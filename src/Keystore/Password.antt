-- ===== src/Keystore/Password.antt =====
-- `change_password` of client/src/crypto/keystore.py: the keys and the cache under a new password.
use cs4455_epic.Base.{ℕ, ◌+◌, ◌≡◌, ◌≢◌, refl, ◌∙◌, sym, ap, some, [], ◌∷◌, ◌++◌, arith}
use cs4455_epic.Base.Dict.{Dict, lookup}
use cs4455_epic.Base.Text.{Str, Bytes, lit, str_eq_iff}
use cs4455_epic.Codec.Base64.{b64encode, b64decode-b64encode}
use cs4455_epic.Codec.Decimal.{show_ℕ-cons}
use cs4455_epic.Errors.{Result, ok}
use cs4455_epic.Env.{Env, IsLawful}
use cs4455_epic.Py.{FileData, State}
use cs4455_epic.Crypto.Kdf.{derive_kek}
use cs4455_epic.Crypto.Aead
use cs4455_epic.Crypto.Wire.{decode_text}
use cs4455_epic.Keystore.{
  keystore_aad, split_keys, cache_path, decrypt_cache, load_message_cache, resave_cache,
  change_password, unlock, private_keys,
}
use cs4455_epic.Keystore.Files.{save, load, tmp_path}
use cs4455_epic.Keystore.Atomic.{save_frame, lookup-write_json_secure}
use cs4455_epic.Keystore.Loading.{Holds, Holds-save, Holds-version}
use cs4455_epic.Keystore.Cache.{
  decrypt_cache_safe, decrypt_cache_same, saved_keystore, save_message_cache-ok, Holds-saved,
  load-save_message_cache, cache_path-ne,
}
use cs4455_epic.Keystore.Unlocking.{Opens, length-derive_kek, unlock-Opens}

append_left : (p x y : Str) → p ++ x ≡ p ++ y → x ≡ y
append_left [] x y h = h
append_left (c ∷ p) x y h = append_left p x y (ground arith)

second : Str → ℕ
second (a ∷ b ∷ rest) = b
second _ = 0

-- The temporary name of the keystore is not the name of the cache.
keystore_tmp-ne :
    (pid : ℕ) (random : Bytes) (s : State) → tmp_path pid s.keystore.path random ≢ cache_path s
unfolding tmp_path cache_path second
keystore_tmp-ne pid random s h =
    let (c, rest, e, d) = show_ℕ-cons pid in
    let tail = append_left s.keystore.path _ _ h in
    absurd (omega (arith, d, ap second (rw e at tail)))

module _ (E : Env) (L : IsLawful E) (old_password new_password : Str) (d : FileData)
    (plaintext : Bytes) (s : State) (holds : Holds s d) (o : Opens E old_password d plaintext) where
  abbrev pub old_kek : Bytes
  old_kek = derive_kek E old_password o.salt

  abbrev pub new_kek : Bytes
  new_kek = derive_kek E new_password o.salt

  -- The file after the change: nonce and ciphertext are new, all else stays.
  abbrev pub rewrapped : FileData
  rewrapped = record d {
    nonce = some (b64encode (E.urandom s.drawn 12));
    ciphertext =
        some (b64encode (E.aesgcm_encrypt new_kek (E.urandom s.drawn 12) plaintext keystore_aad));
  }

  abbrev pub rewritten : State
  rewritten = (save E rewrapped (record s { drawn = s.drawn + 1 })).1

  -- The state in which the message cache is written again.
  abbrev pub rekeyed : State
  rekeyed = record rewritten {
    keystore = record rewritten.keystore { kek = some new_kek; keys = some (split_keys plaintext) };
  }

  change_password-eq :
      (c : Dict Str)
      → decrypt_cache E (some old_kek) rekeyed ≡ (ok c, rekeyed)
      → change_password E old_password new_password s ≡ resave_cache E c rekeyed
  unfolding change_password Aead.decrypt Aead.encrypt decode_text
  change_password-eq c h = ground (
    arith,
    length-derive_kek E L old_password o.salt,
    length-derive_kek E L new_password o.salt,
    save_frame E rewrapped (record s { drawn = s.drawn + 1 }),
  )

  pub Holds-rekeyed : Holds rekeyed rewrapped
  unfolding load
  Holds-rekeyed =
      ground
        (arith, Holds-save E rewrapped (record s { drawn = s.drawn + 1 }) (Holds-version s d holds))

  pub Opens-rewrapped : Opens E new_password rewrapped plaintext
  Opens-rewrapped = record {
    salt = o.salt;
    nonce = E.urandom s.drawn 12;
    ciphertext = E.aesgcm_encrypt new_kek (E.urandom s.drawn 12) plaintext keystore_aad;
    salt_text = o.salt_text;
    nonce_text = refl;
    ciphertext_text = refl;
    salt_read = o.salt_read;
    nonce_read = b64decode-b64encode _ (L.urandom_bytes _ _);
    ciphertext_read = b64decode-b64encode _ (L.encrypt_bytes _ _ _ _);
    opened =
        L.decrypt-encrypt new_kek (E.urandom s.drawn 12) plaintext keystore_aad
          (length-derive_kek E L new_password o.salt);
  }

  -- What a change leaves, whatever the cache held.
  record IsChanged (r : Result (Unit {0}) × State) : Type 0 where
    succeeds : r.0 ≡ ok tt
    held : Holds r.1 rewrapped
    unlocked : r.1.keystore ≡ rekeyed.keystore

  resave-IsChanged : (c : Dict Str) → IsChanged (resave_cache E c rekeyed)
  unfolding resave_cache
  resave-IsChanged [] = record { succeeds = refl; held = Holds-rekeyed; unlocked = refl }
  resave-IsChanged (x ∷ c) =
      let size = length-derive_kek E L new_password o.salt in
      record {
        succeeds = save_message_cache-ok E rekeyed new_kek (x ∷ c) refl size;
        held = Holds-saved E rekeyed new_kek (x ∷ c) refl size rewrapped Holds-rekeyed;
        unlocked = saved_keystore E rekeyed new_kek (x ∷ c) refl size;
      }

  abbrev changed : Result (Unit {0}) × State
  changed = change_password E old_password new_password s

  changed-IsChanged : IsChanged changed
  changed-IsChanged =
      let (c, e) = decrypt_cache_safe E rekeyed (some old_kek) in
      rw (change_password-eq c e) (resave-IsChanged c)

  -- Changing the password of a keystore that opens under the old one succeeds. It replaces nonce
  -- and ciphertext of the file and nothing else in it, and a later unlock with the new password
  -- gives the same private keys.
  pub change_password_keeps_keys :
      (changed.0 ≡ ok tt)
      × Holds changed.1 rewrapped
      × ((unlock E new_password changed.1).0 ≡ ok tt)
      × ((private_keys (unlock E new_password changed.1).1).0 ≡ ok (split_keys plaintext))
  unfolding private_keys
  change_password_keeps_keys =
      let c = changed-IsChanged in
      let u = unlock-Opens E L new_password rewrapped plaintext changed.1 c.held Opens-rewrapped in
      (c.succeeds, c.held, ap (λ r. r.0) u, ground (arith, u))

  rekeyed-cache_path : cache_path rekeyed ≡ cache_path s
  unfolding cache_path
  rekeyed-cache_path = ap (λ k. k.path ++ lit ".msgcache") (save_frame E rewrapped _).1

  lookup-rekeyed_cache : lookup (cache_path rekeyed) rekeyed.files ≡ lookup (cache_path s) s.files
  unfolding save
  lookup-rekeyed_cache =
      let tmp = tmp_path E.pid s.keystore.path (E.urandom (s.drawn + 1) 6) in
      ground (
        arith,
        rekeyed-cache_path,
        lookup-write_json_secure E s.keystore.path rewrapped (record s { drawn = s.drawn + 1 })
            (cache_path s),
        str_eq_iff s.keystore.path (cache_path s),
        cache_path-ne s,
        str_eq_iff tmp (cache_path s),
        keystore_tmp-ne E.pid (E.urandom (s.drawn + 1) 6) s,
      )

  decrypt_cache-rekeyed :
      (c : Dict Str)
      → decrypt_cache E (some old_kek) s ≡ (ok c, s)
      → decrypt_cache E (some old_kek) rekeyed ≡ (ok c, rekeyed)
  decrypt_cache-rekeyed c h = decrypt_cache_same E s rekeyed lookup-rekeyed_cache (some old_kek) c h

  -- A message cache that the old password's key opened, and that is not empty, is read unchanged
  -- after the password was changed.
  pub change_password_keeps_cache :
      (x : Str × Str) (c : Dict Str)
      → s.keystore.kek ≡ some old_kek
      → load_message_cache E s ≡ (ok (x ∷ c), s)
      → load_message_cache E changed.1 ≡ (ok (x ∷ c), changed.1)
  unfolding load_message_cache resave_cache
  change_password_keeps_cache x c h loaded =
      let before : decrypt_cache E (some old_kek) s ≡ (ok (x ∷ c), s) =
        ap (λ k. decrypt_cache E k s) (sym h) ∙ loaded in
      let after = change_password-eq (x ∷ c) (decrypt_cache-rekeyed (x ∷ c) before) in
      rw after (
        load-save_message_cache E rekeyed new_kek (x ∷ c) refl
          (length-derive_kek E L new_password o.salt) L)
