-- ===== src/Strings/Numbers.antt =====
-- Decimal numbers: what strtoul and strtol read of what is printed.
use qproto.Common.{
  ℕ, zero, suc, ◌+◌, ◌-◌, ◌*◌, ◌/◌, ◌%◌, ◌^◌, ◌<◌, ◌≡◌, refl, ◌∙◌, sym, ap, arith, true, false,
  List, [], ◌∷◌, ◌++◌, some, ltb, ◌==◌, if◌then◌else◌, Bool-cases, inl, inr,
}
use qproto.Common.Int.{pos}
use qproto.Strings.{
  is_in, is_digit, is_space, read_digits, signed_magnitude, skip_spaces, strtoul, strtol,
}
use qproto.Strings.Tokens.{IsPlain, IsWord, IsPlain-append}
use mathlib.Core.List.{append_assoc, append-nil}

-- The digits of a number below 10^(k + 1).
abbrev pub digits : ℕ → ℕ → List ℕ
digits zero n = (n + 48) ∷ []
digits (suc k) n =
    let more = digits k (n / 10) ++ ((n % 10 + 48) ∷ []) in if ltb n 10 then (n + 48) ∷ [] else more

-- As `%lu` prints it.
pub print : ℕ → List ℕ
print n = digits 19 n

-- 10^(k + 1).
abbrev tens : ℕ → ℕ
tens zero = 10
tens (suc k) = 10 * tens k

read_digits-digit :
    (acc d : ℕ) (s : List ℕ)
    → d < 10
    → read_digits acc ((d + 48) ∷ s) ≡ read_digits (acc * 10 + d) s
unfolding read_digits
read_digits-digit acc d s h =
    let value : d + 48 - 48 ≡ d = omega arith in
    let digit : is_digit (d + 48) ≡ true = ground arith in rw (digit, value) refl

read_digits-digits :
    (k n : ℕ) (rest : List ℕ) → n < tens k → read_digits 0 (digits k n ++ rest) ≡ read_digits n rest
read_digits-digits zero n rest h =
    read_digits-digit 0 n rest h ∙ ap (λ m. read_digits m rest) (omega arith)
read_digits-digits (suc k) n rest h = elim (Bool-cases (ltb n 10)) [
  | inl small ↦
      rw small
        (read_digits-digit 0 n rest (ground arith) ∙ ap (λ m. read_digits m rest) (omega arith))
  | inr large ↦
      rw (large, append_assoc (digits k (n / 10)) ((n % 10 + 48) ∷ []) rest)
        (read_digits-digits k (n / 10) ((n % 10 + 48) ∷ rest) (omega arith)
          ∙ read_digits-digit (n / 10) (n % 10) rest (omega arith)
          ∙ ap (λ m. read_digits m rest) (omega arith))
]

-- A digit stands first.
abbrev StartsWithDigit : List ℕ → Type 0
StartsWithDigit [] = ⊥
StartsWithDigit (c ∷ s) = is_digit c ≡ true

StartsWithDigit-append : (s t : List ℕ) → StartsWithDigit s → StartsWithDigit (s ++ t)
StartsWithDigit-append [] t h = absurd h
StartsWithDigit-append (c ∷ s) t h = h

digits-StartsWithDigit : (k n : ℕ) → n < tens k → StartsWithDigit (digits k n)
digits-StartsWithDigit zero n h = ground arith
digits-StartsWithDigit (suc k) n h = elim (Bool-cases (ltb n 10)) [
  | inl small ↦ rw small (ground arith)
  | inr large ↦ rw large (
      StartsWithDigit-append (digits k (n / 10)) ((n % 10 + 48) ∷ [])
        (digits-StartsWithDigit k (n / 10) (omega arith)))
]

signed_magnitude-digit :
    (s : List ℕ)
    → StartsWithDigit s
    → signed_magnitude (skip_spaces s) ≡ (false, some (read_digits 0 s))
unfolding signed_magnitude
signed_magnitude-digit [] h = absurd h
signed_magnitude-digit (c ∷ s) h =
    let printable : is_space c ≡ false = ground arith in
    let unsigned : (c == 45) ≡ false = ground arith in
    let unsigned' : (c == 43) ≡ false = ground arith in
    rw printable (rw (unsigned, unsigned', h) refl)

signed_magnitude-print :
    (n : ℕ) → n < 2 ^ 64 → signed_magnitude (skip_spaces (print n)) ≡ (false, some n)
unfolding print read_digits
signed_magnitude-print n h =
    signed_magnitude-digit (digits 19 n) (digits-StartsWithDigit 19 n (omega arith))
    ∙ ap (λ m. (false, some m)) read
  where
    read : read_digits 0 (digits 19 n) ≡ n
    read =
        ap (read_digits 0) (sym (append-nil (digits 19 n)))
        ∙ read_digits-digits 19 n [] (omega arith)

pub strtoul-print : (n : ℕ) → n < 2 ^ 64 → strtoul (print n) ≡ some n
unfolding strtoul
strtoul-print n h = ground (arith, signed_magnitude-print n h)

pub strtol-print : (n : ℕ) → n < 2 ^ 63 → strtol (print n) ≡ some (pos n)
unfolding strtol
strtol-print n h = ground (arith, signed_magnitude-print n (omega arith))

digits-IsPlain :
    (delims : List ℕ) (k n : ℕ)
    → ((d : ℕ) → d < 10 → is_in delims (d + 48) ≡ false)
    → n < tens k
    → IsPlain delims (digits k n)
digits-IsPlain delims zero n plain h = (plain n h, tt)
digits-IsPlain delims (suc k) n plain h = elim (Bool-cases (ltb n 10)) [
  | inl small ↦ rw small (plain n (ground arith), tt)
  | inr large ↦ rw large (
      IsPlain-append delims (digits k (n / 10)) ((n % 10 + 48) ∷ [])
        (digits-IsPlain delims k (n / 10) plain (omega arith)) (plain (n % 10) (omega arith), tt))
]

IsPlain-IsWord : (delims s : List ℕ) → StartsWithDigit s → IsPlain delims s → IsWord delims s
IsPlain-IsWord delims [] h p = absurd h
IsPlain-IsWord delims (c ∷ s) h p = p

-- A printed number is a word where no digit is a delimiter.
pub print-IsWord :
    (delims : List ℕ) (n : ℕ)
    → ((d : ℕ) → d < 10 → is_in delims (d + 48) ≡ false)
    → n < 2 ^ 64
    → IsWord delims (print n)
unfolding print
print-IsWord delims n plain h =
    IsPlain-IsWord delims (digits 19 n) (digits-StartsWithDigit 19 n (omega arith))
      (digits-IsPlain delims 19 n plain (omega arith))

#####

Work required:
Set out, exactly as written, the lines from the line with "(digits-IsPlain delims k" to the last line of the records, inclusive, and only those lines.

Exercise answer:
        (digits-IsPlain delims k (n / 10) plain (omega arith)) (plain (n % 10) (omega arith), tt))
]

IsPlain-IsWord : (delims s : List ℕ) → StartsWithDigit s → IsPlain delims s → IsWord delims s
IsPlain-IsWord delims [] h p = absurd h
IsPlain-IsWord delims (c ∷ s) h p = p

-- A printed number is a word where no digit is a delimiter.
pub print-IsWord :
    (delims : List ℕ) (n : ℕ)
    → ((d : ℕ) → d < 10 → is_in delims (d + 48) ≡ false)
    → n < 2 ^ 64
    → IsWord delims (print n)
unfolding print
print-IsWord delims n plain h =
    IsPlain-IsWord delims (digits 19 n) (digits-StartsWithDigit 19 n (omega arith))
      (digits-IsPlain delims 19 n plain (omega arith))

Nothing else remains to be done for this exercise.